I would like you guys to meet D3XT3R, hes going to be my fursona and my new suit within the next 6-7 months but however i kinda hit a road block with designing any suggestions?


----------



## Frostbyte The Shark (Apr 27, 2017)

Looks good in shape and everything.

What kind of extras are you looking for? Stuff like markings?


----------



## D3XT3R (Apr 27, 2017)

Frostbyte The Shark said:


> Looks good in shape and everything.
> 
> What kind of extras are you looking for? Stuff like markings?



Yea, symbols of markings that will make it unique, im new to making a fursona but not the fandom.


----------



## T-LARC (Apr 27, 2017)

Well a lot of people like to start with a solid colour base like you've got there, and add either blotches/stripes of colour over the top. If you've got a particular pattern in mind, go for that, but it helps if you know what kind of look you want to go for. If your character is a little tiger-ish, lean towards stripes. If you want to make him look closer to a breed of dog with patches or spots, than applying spots of colour to him would help with that. You could have the most complicated patterns weaving colours in and out across his body, or just a few small patches.

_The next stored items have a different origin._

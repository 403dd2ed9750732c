-- ===== src/Platform/Control/Keeps/Candidates.antt =====
-- What a failover's candidates are: members that the query returned; asking them changes no row.
use eminidatabase.Base.{
  ℕ, ◌≡◌, refl, Bool, true, false, Option, none, some, List, [], ◌∷◌, ◌++◌, All, ap, sym, ◌∙◌, ◌⊎◌,
  subst, ltb, Bool-cases, inl, inr,
}
use eminidatabase.Base.Table.{Table, lookup, rows}
use eminidatabase.Base.Action.{
  Outcome, returned, raised, WhenReturned, WhenReturned-mono, pure, found-WhenReturned,
}
use eminidatabase.Base.Keeps.{Does, Does-bind}
use eminidatabase.Platform.Placement.{Node, ClusterMember}
use eminidatabase.Platform.Control.{
  Control, Error, runtime_error, agent_unreachable, AgentCall, attempt,
}
use eminidatabase.Platform.Control.Agent.{
  Agents, Answer, answered, refused, unreachable, Body, from_answer, reach, call_agent,
}
use eminidatabase.Platform.Control.Failover.{
  Candidate, node_of, candidate_if_standby, candidate_from, candidate_of, candidates, least_lag,
}
use eminidatabase.Platform.Control.Keeps.{IsRow}

-- The call changes nothing but `sent`.
abbrev pub SameFleet : Control → Control → Type 0
SameFleet s t = t.fleet ≡ s.fleet

pub call_agent-SameFleet :
    (agents : Agents) (k : ℕ) (node : Node) (c : AgentCall) (s : Control)
    → (call_agent agents k node c s).1.fleet ≡ s.fleet
unfolding call_agent
call_agent-SameFleet agents k node c s = reached node.ip_address
  where
    answer : (a : Answer) (t : Control) → (from_answer a t).1.fleet ≡ t.fleet
    answer (answered b) t = refl
    answer (refused code) t = refl
    answer unreachable t = refl

    reached : (ip : Option ℕ) → (reach agents k c ip s).1.fleet ≡ s.fleet
    reached none = refl
    reached (some _) = answer (agents k c) _

-- If it returns.
pub call_agent-fleet :
    (agents : Agents) (k : ℕ) (node : Node) (c : AgentCall) (s : Control)
    → WhenReturned (λ _ u. u.fleet ≡ s.fleet) (call_agent agents k node c s)
call_agent-fleet agents k node c s =
    after_call (call_agent agents k node c s) (call_agent-SameFleet agents k node c s)
  where
    after_call :
        (o : Outcome Error Body × Control)
        → o.1.fleet ≡ s.fleet
        → WhenReturned (λ _ u. u.fleet ≡ s.fleet) o
    after_call (returned b, u) e = e
    after_call (raised x, u) e = tt

-- The key of a row.
abbrev pub InKeys : ℕ → Table ClusterMember → Type 0
InKeys k [] = ⊥
InKeys k ((j, m) ∷ ms) = (j ≡ k) ⊎ InKeys k ms

pub rows-IsRow :
    (p : ClusterMember → Bool) (k : ℕ) (t : Table ClusterMember) → InKeys k (rows p t) → IsRow p k t
rows-IsRow p k [] h = h
rows-IsRow p k ((j, m) ∷ t) h = elim (Bool-cases (p m)) [
  | inl kept ↦
      go (rows-IsRow p k t) (subst (InKeys k) {y = (j, m) ∷ rows p t} (rw kept refl) h) kept
  | inr left ↦ inr (rows-IsRow p k t (subst (InKeys k) {y = rows p t} (rw left refl) h))
]
  where
    go :
        (InKeys k (rows p t) → IsRow p k t)
        → InKeys k ((j, m) ∷ rows p t)
        → p m ≡ true
        → IsRow p k ((j, m) ∷ t)
    go ih (inl here) kept = inl (here, kept)
    go ih (inr there) kept = inr (ih there)

All-append :
    (P : Candidate → Type 0) (xs ys : List Candidate) → All P xs → All P ys → All P (xs ++ ys)
All-append P [] ys hx hy = hy
All-append P (x ∷ xs) ys hx hy = (hx.0, All-append P xs ys hx.1 hy)

pub All-map :
    (P Q : Candidate → Type 0) (xs : List Candidate)
    → ((c : Candidate) → P c → Q c)
    → All P xs
    → All Q xs
All-map P Q [] f h = tt
All-map P Q (x ∷ xs) f h = (f x h.0, All-map P Q xs f h.1)

-- The fleet is as it was, and the candidates are of one member.
abbrev OfMember : ℕ → Control → List Candidate → Control → Type 0
OfMember k s l t = (t.fleet ≡ s.fleet) × All (λ c. c.member_id ≡ k) l

candidate_from-OfMember :
    (k node_id : ℕ) (node : Node) (o : Outcome Error Body)
    → Does (OfMember k) (candidate_from k node_id node o)
candidate_from-OfMember k node_id node (returned status) = record {
  at = λ s. (refl, standing_by status.is_standby refl);
}
  where
    standing_by :
        (b : Bool)
        → status.is_standby ≡ b
        → All (λ c. c.member_id ≡ k) (candidate_if_standby k node_id node status)
    standing_by true e = rw (candidate_if_standby, e) (refl, tt)
    standing_by false e = rw (candidate_if_standby, e) tt
candidate_from-OfMember k node_id node (raised agent_unreachable) = record { at = λ s. (refl, tt) }
candidate_from-OfMember k node_id node (raised e) = record { at = λ s. tt }

node_of-Does : (m : ClusterMember) → Does (λ s _ t. t.fleet ≡ s.fleet) (node_of m)
node_of-Does m = record {
  at = λ s.
      WhenReturned-mono _ (λ _ t. t.fleet ≡ s.fleet) (node_of m s)
        (found-WhenReturned runtime_error (lookup m.node_id s.fleet.nodes) s)
        (λ a t h. ap (λ (x : Control). x.fleet) h.1);
}

attempt-Does :
    (agents : Agents) (k : ℕ) (node : Node) (c : AgentCall)
    → Does (λ s _ t. t.fleet ≡ s.fleet) (attempt (call_agent agents k node c))
attempt-Does agents k node c = record { at = λ s. call_agent-SameFleet agents k node c s }

pub candidate_of-OfMember :
    (agents : Agents) (k : ℕ) (m : ClusterMember) → Does (OfMember k) (candidate_of agents k m)
candidate_of-OfMember agents k m =
    Does-bind (λ _ s l u. OfMember k s l u) _ _ (node_of-Does m)
      (λ node.
        Does-bind (λ _ s l u. OfMember k s l u) _ _
          (attempt-Does agents m.node_id node AgentCall.replication_status)
          (λ status. candidate_from-OfMember k m.node_id node status)
          (λ s status t l u e h. (h.0 ∙ e, h.1)))
      (λ s node t l u e h. (h.0 ∙ e, h.1))

pure-Does :
    (first rest : List Candidate)
    → Does {S = Control} {E = Error} {A = List Candidate}
        (λ s l u. (l ≡ first ++ rest) × (u.fleet ≡ s.fleet))
        (pure (first ++ rest))
pure-Does first rest = record { at = λ s. (refl, refl) }

abbrev pub OfMembers : Table ClusterMember → Control → List Candidate → Control → Type 0
OfMembers ms s l t = (t.fleet ≡ s.fleet) × All (λ c. InKeys c.member_id ms) l

-- The candidates are members that the query returned, and the fleet is as it was.
pub candidates-OfMembers :
    (agents : Agents) (ms : Table ClusterMember) → Does (OfMembers ms) (candidates agents ms)
candidates-OfMembers agents [] = record { at = λ s. (refl, tt) }
candidates-OfMembers agents ((k, m) ∷ ms) =
    let ih = candidates-OfMembers agents ms in
    Does-bind (λ first s l u. (rest : List Candidate) × (l ≡ first ++ rest) × OfMembers ms s rest u)
      _ _ (candidate_of-OfMember agents k m)
      (λ first.
        Does-bind (λ rest s l u. (l ≡ first ++ rest) × (u.fleet ≡ s.fleet)) (candidates agents ms)
          (λ rest. pure (first ++ rest)) ih (λ rest. pure-Does first rest)
          (λ s rest t l u h g. (rest, g.0, (g.1 ∙ h.0, h.1))))
      (λ s first t l u h g. (
        g.2.0 ∙ h.0,
        subst (All (λ c. InKeys c.member_id ((k, m) ∷ ms))) (sym g.1) (
            All-append _ first g.0 (All-map _ _ first (λ c here. inl (sym here)) h.1)
              (All-map _ _ g.0 (λ c there. inr there) g.2.1)),
      ))

pub least_lag-All :
    (P : Candidate → Type 0) (c : Candidate) (cs : List Candidate)
    → P c
    → All P cs
    → P (least_lag c cs)
least_lag-All P c [] h hs = h
least_lag-All P c (d ∷ ds) h (hd, hs) = elim (Bool-cases (ltb d.lag c.lag)) [
  | inl less ↦ rw less (least_lag-All P d ds hd hs)
  | inr more ↦ rw more (least_lag-All P c ds h hs)
]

The key is to make sure all the colours work, and that the design can be replicated by other artists, and especially your maker. Better to be too simple than too complex. Always. ^w^


----------



## D3XT3R (Apr 27, 2017)

Well i wanted to do simple designs...but also appealing as im probably going to do public fursuiting....and i love simple cause simple is better in my opinions. Its doing the chest witha  design is questionable...im off to work so ill be checking this post a little later


----------



## Frostbyte The Shark (Apr 27, 2017)

What if you do a chest with a different color? It doesn't have to have markings, but maybe make it white or something?


----------



## ToddTheMutt (Apr 27, 2017)

I'm all for the simple designs as well, hence my fursona has very natural and simple colourations and markings xP What I do, and that helps a lot, is look at natural breed colour patterns. I usually stick to the breeds I love and go from there, twitching the colours and placing the ones that I find most appealing. I most personally don't like very vivid colours, but for the green you're going for I'd suggest dark greys and blacks for a sense of harmony and that off-white colour looks good too.  Like Frostbite suggested, I guess a white muzzle-chest or simply throat area would look pretty good, along with the under part of the tail.


----------



## T-LARC (Apr 27, 2017)

It'd help if you knew what colours you wanted him to be. Green is a very hard colour to match with. On a colour wheel, red would be its opposite, but that might clash strongly depending on which greens/reds you use. So yeah, picking the colours would probably be the best start.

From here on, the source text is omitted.